Gershman, S. J. and Wilson, R. C.
in: Advances in Neural Information Processing Systems 23, 2010
Optimal control entails combining probabilities and utilities. However, for most practical problems, probability densities can be represented only approximately. Choosing an approximation requires balancing the benefits of an accurate approximation against the costs of computing it. We propose a variational framework for achieving this balance and apply it to the problem of how a neural population code should optimally represent a distribution under resource constraints. The essence of our analysis is the conjecture that population codes are organized to maximize a lower bound on the log expected utility.
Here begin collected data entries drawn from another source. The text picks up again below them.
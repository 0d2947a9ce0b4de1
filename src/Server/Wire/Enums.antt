-- ===== src/Server/Wire/Enums.antt =====
-- internal/server/wire/wire.go: the enumerations. The numbers are those of spectrepb/spectre.pb.go.
use spectre.Prelude.{ℕ, ◌≡◌, refl, ◌==◌, nat_eq, if◌then◌else◌, Result, ok, failed}
use spectre.Model.{
  Direction, ingress, egress, Change, missing, added, changed, retyped, JsonType, null, boolean,
  number, string, object, list, QuarantineKind, divergent, unable, unmatched, unlisted, capacity,
  pairing,
}

-- The errors of the conversions, one for each message.
pub data WireError : Type 0 where
  state_needs_identity state_needs_uptime : WireError
  more_than_one_quarantine : Direction → WireError
  keepalive_holds_no_update update_holds_nothing counts_need_route : WireError
  divergence_needs_identity divergence_needs_quarantine : WireError
  quarantine_needs_start : WireError
  -- `errors.Wrap(err, "quarantine")`.
  in_quarantine : WireError → WireError
  unknown_change unknown_json_type unknown_kind unknown_direction : ℕ → WireError

abbrev pub Restored {ℓ} : Type ℓ → Type ℓ
Restored A = Result WireError A

-- `changeMessage`.
unfoldable pub change_message : Change → ℕ
change_message missing = 1
change_message added = 2
change_message changed = 3
change_message retyped = 4

-- `changeFromMessage`.
unfoldable pub change_from_message : ℕ → Restored Change
change_from_message n =
    if n == 1
    then ok missing
    else if n == 2
    then ok added
    else if n == 3
    then ok changed
    else if n == 4
    then ok retyped
    else failed (unknown_change n)

-- `jsonTypeMessage`.
unfoldable pub json_type_message : JsonType → ℕ
json_type_message null = 1
json_type_message boolean = 2
json_type_message number = 3
json_type_message string = 4
json_type_message object = 5
json_type_message list = 6

-- `jsonTypeFromMessage`.
unfoldable pub json_type_from_message : ℕ → Restored JsonType
json_type_from_message n =
    if n == 1
    then ok null
    else if n == 2
    then ok boolean
    else if n == 3
    then ok number
    else if n == 4
    then ok string
    else if n == 5
    then ok object
    else if n == 6
    then ok list
    else failed (unknown_json_type n)

-- `kindMessage`.
unfoldable pub kind_message : QuarantineKind → ℕ
kind_message divergent = 1
kind_message unable = 2
kind_message unmatched = 3
kind_message unlisted = 4
kind_message capacity = 5
kind_message pairing = 6

-- `kindFromMessage`.
unfoldable pub kind_from_message : ℕ → Restored QuarantineKind
kind_from_message n =
    if n == 1
    then ok divergent
    else if n == 2
    then ok unable
    else if n == 3
    then ok unmatched
    else if n == 4
    then ok unlisted
    else if n == 5
    then ok capacity
    else if n == 6
    then ok pairing
    else failed (unknown_kind n)

-- `directionMessage`.
unfoldable pub direction_message : Direction → ℕ
direction_message ingress = 1
direction_message egress = 2

-- `directionFromMessage`.
unfoldable pub direction_from_message : ℕ → Restored Direction
direction_from_message n =
    if n == 1 then ok ingress else if n == 2 then ok egress else failed (unknown_direction n)

pub change_round : (c : Change) → change_from_message (change_message c) ≡ ok c
unfolding change_message change_from_message
change_round missing = refl
change_round added = refl
change_round changed = refl
change_round retyped = refl

pub json_type_round : (t : JsonType) → json_type_from_message (json_type_message t) ≡ ok t
unfolding json_type_message json_type_from_message
json_type_round null = refl
json_type_round boolean = refl
json_type_round number = refl
json_type_round string = refl
json_type_round object = refl
json_type_round list = refl

pub kind_round : (k : QuarantineKind) → kind_from_message (kind_message k) ≡ ok k
unfolding kind_message kind_from_message
kind_round divergent = refl
kind_round unable = refl
kind_round unmatched = refl
kind_round unlisted = refl
kind_round capacity = refl
kind_round pairing = refl

pub direction_round : (d : Direction) → direction_from_message (direction_message d) ≡ ok d
unfolding direction_message direction_from_message
direction_round ingress = refl
direction_round egress = refl
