-- ===== src/Server/Wire/Reasons.antt =====
-- internal/server/wire/wire.go: quarantines, their reasons and differences.
use spectre.Prelude.{
  ℕ, ◌%◌, ◌^◌, Bool, Option, none, some, List, [], ◌∷◌, map, Text, ok, failed, ◌>>=◌, wrapping,
}
use spectre.Model.{
  Direction, Change, retyped, change_eq, Retype, Difference, Traffic, QuarantineReason, Quarantine,
}
use spectre.Server.Wire.Enums.{
  Restored, change_message, change_from_message, json_type_message, json_type_from_message,
  kind_message, kind_from_message, direction_message, direction_from_message,
  quarantine_needs_start, in_quarantine,
}

-- `pb.Difference`; an unset enumeration is 0.
pub record PbDifference : Type 0 where
  pub path : Text
  pub change : ℕ
  pub count : ℕ
  pub reference_type : ℕ
  pub candidate_type : ℕ

-- `pb.Traffic`.
pub record PbTraffic : Type 0 where
  pub direction : ℕ
  pub protocol : Text
  pub route : Text

-- `pb.Quarantine`.
pub record PbQuarantine : Type 0 where
  pub direction : ℕ
  pub since : Option ℕ
  pub kind : ℕ
  pub traffic : Option PbTraffic
  pub differences : List PbDifference
  pub truncated : Bool
  pub detail : Text
  pub node : Option Text

abbrev pub type_messages : Option Retype → ℕ × ℕ
type_messages none = (0, 0)
type_messages (some r) = (json_type_message r.reference, json_type_message r.candidate)

-- The loop body of `differenceMessages`; a count is cut to 32 bits.
abbrev pub difference_message : Difference → PbDifference
difference_message d = record {
  path = d.path;
  change = change_message d.change;
  count = d.count % 2 ^ 32;
  reference_type = (type_messages d.retype).0;
  candidate_type = (type_messages d.retype).1;
}

-- `differenceMessages`.
unfoldable pub difference_messages : List Difference → List PbDifference
difference_messages differences = map difference_message differences

-- Only a retyped difference has types, and it must have both.
abbrev pub restored_types : Change → ℕ → ℕ → Restored (Option Retype)
restored_types retyped reference_type candidate_type = do
  reference ← json_type_from_message reference_type
  candidate ← json_type_from_message candidate_type
  let types : Retype = record { reference = reference; candidate = candidate }
  ok (some types)
restored_types _ reference_type candidate_type = ok none

-- The loop body of `differencesFromMessages`.
abbrev pub difference_from_message : PbDifference → Restored Difference
difference_from_message m = do
  change ← change_from_message m.change
  types ← restored_types change m.reference_type m.candidate_type
  ok (record { path = m.path; change = change; retype = types; count = m.count })

-- `differencesFromMessages`.
unfoldable pub differences_from_messages : List PbDifference → Restored (List Difference)
differences_from_messages [] = ok []
differences_from_messages (m ∷ ms) = do
  difference ← difference_from_message m
  rest ← differences_from_messages ms
  ok (difference ∷ rest)

abbrev pub traffic_message : Option Traffic → Option PbTraffic
traffic_message none = none
traffic_message (some t) =
    some
      (record { direction = direction_message t.direction; protocol = t.protocol; route = t.route })

-- `QuarantineMessage`.
unfoldable pub quarantine_message : Direction → Quarantine → PbQuarantine
quarantine_message direction status = record {
  direction = direction_message direction;
  since = some status.since;
  kind = kind_message status.reason.kind;
  traffic = traffic_message status.reason.traffic;
  differences = difference_messages status.reason.differences;
  truncated = status.reason.truncated;
  detail = status.reason.detail;
  node = status.reason.node;
}

-- `Zero(message.GetNode())`: an empty node is none.
abbrev pub restored_node : Option Text → Option Text
restored_node none = none
restored_node (some []) = none
restored_node (some (c ∷ name)) = some (c ∷ name)

abbrev pub restored_traffic : Option PbTraffic → Restored (Option Traffic)
restored_traffic none = ok none
restored_traffic (some t) = do
  direction ← direction_from_message t.direction
  let traffic : Traffic = record { direction = direction; protocol = t.protocol; route = t.route }
  ok (some traffic)

-- `reasonFromMessage`.
unfoldable pub reason_from_message : PbQuarantine → Restored QuarantineReason
reason_from_message m = do
  kind ← kind_from_message m.kind
  differences ← differences_from_messages m.differences
  traffic ← restored_traffic m.traffic
  ok (record {
    kind = kind;
    traffic = traffic;
    node = restored_node m.node;
    differences = differences;
    truncated = m.truncated;
    detail = m.detail;
  })

-- `quarantineFromMessage`.
unfoldable pub quarantine_from_message : PbQuarantine → Restored Quarantine
quarantine_from_message m = elim m.since [
  | none ↦ failed quarantine_needs_start
  | some since ↦ do reason ← reason_from_message m; ok (record { reason = reason; since = since })
]

-- `QuarantineFromMessage`.
unfoldable pub directed_from_message : PbQuarantine → Restored (Direction × Quarantine)
directed_from_message m = do
  direction ← wrapping in_quarantine (direction_from_message m.direction)
  status ← wrapping in_quarantine (quarantine_from_message m)
  ok (direction, status)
This theory can account for a plethora of experimental data, including the reward-modulation of sensory receptive fields, GABAergic effects on saccadic movements, and risk aversion in decisions under uncertainty.
Within the area of decision theory they consider the problem of evaluating the expected utility of an action given a posterior. They propose a variational framework analogously to the one used for the EM algorithm in which the utility replaces the likelihood and the posterior replaces the prior. Their main contribution is to include a cost penalising the complexity of the approximation of the posterior and use the so defined lower bound on the expected utility to simultaneously optimise the density used to approximate the posterior. As the utility does not only contain the cost of the approximation, but also the actual utility of an action in the considered states, this model predicts that the approximating density should also reflect what is behaviourally relevant instead of only trying to represent the natural posterior distribution optimally.
In the results section they then show that under this model the approximated posterior can (and will) indeed put more probability mass on states with larger utility, something which has apparently been found in grasshoppers. Additionally they show that increasing the cost of spikes results in smaller firing rates which, as they argue, leads to response latencies as seen in experiments. Finally, they show that under the assumption that high utility or very costly states are rare, the model will automatically account for the nonlinear weighting of probabilities in risky choice observed in humans. The model therefore explains this irrational behaviour by noting that “under neural resource constraints, the approximate density will be biased towards high reward regions of the state space.”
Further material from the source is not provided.